* MATERIAL FOR THE TASK

-- ===== src/Net/Checksum.antt =====
-- The checksums of IP and UDP in source/net.c.
pub mod Verify
use nano_s.Prelude.{ℕ, ◌+◌, ◌*◌, ◌-◌, ◌/◌, ◌%◌, List, [], ◌∷◌, u16, u32}

-- BSWAP_16.
abbrev pub bswap_16 : ℕ → ℕ
bswap_16 value = value % 256 * 256 + value / 256

-- The sum of the words of a buffer; a last byte on its own counts as a word.
unfoldable pub net_checksum_acc : List ℕ → ℕ
net_checksum_acc [] = 0
net_checksum_acc (c ∷ []) = c
net_checksum_acc (c ∷ d ∷ bytes) = u32 (c + 256 * d + net_checksum_acc bytes)

-- `~sum`, cut to 16 bits, with its bytes swapped.
unfoldable pub net_checksum_final : ℕ → ℕ
net_checksum_final sum =
    let folded = u32 (sum % 65536 + sum / 65536) in bswap_16 (65535 - u16 folded)

unfoldable pub net_checksum : List ℕ → ℕ
net_checksum bytes = net_checksum_final (net_checksum_acc bytes)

* WORK TASK
Keeping each line intact, set down the entire listing once more.

* RESULT OF THE TASK
-- ===== src/Net/Checksum.antt =====
-- The checksums of IP and UDP in source/net.c.
pub mod Verify
use nano_s.Prelude.{ℕ, ◌+◌, ◌*◌, ◌-◌, ◌/◌, ◌%◌, List, [], ◌∷◌, u16, u32}

-- BSWAP_16.
abbrev pub bswap_16 : ℕ → ℕ
bswap_16 value = value % 256 * 256 + value / 256

-- The sum of the words of a buffer; a last byte on its own counts as a word.
unfoldable pub net_checksum_acc : List ℕ → ℕ
net_checksum_acc [] = 0
net_checksum_acc (c ∷ []) = c
net_checksum_acc (c ∷ d ∷ bytes) = u32 (c + 256 * d + net_checksum_acc bytes)

-- `~sum`, cut to 16 bits, with its bytes swapped.
unfoldable pub net_checksum_final : ℕ → ℕ
net_checksum_final sum =
    let folded = u32 (sum % 65536 + sum / 65536) in bswap_16 (65535 - u16 folded)

unfoldable pub net_checksum : List ℕ → ℕ
net_checksum bytes = net_checksum_final (net_checksum_acc bytes)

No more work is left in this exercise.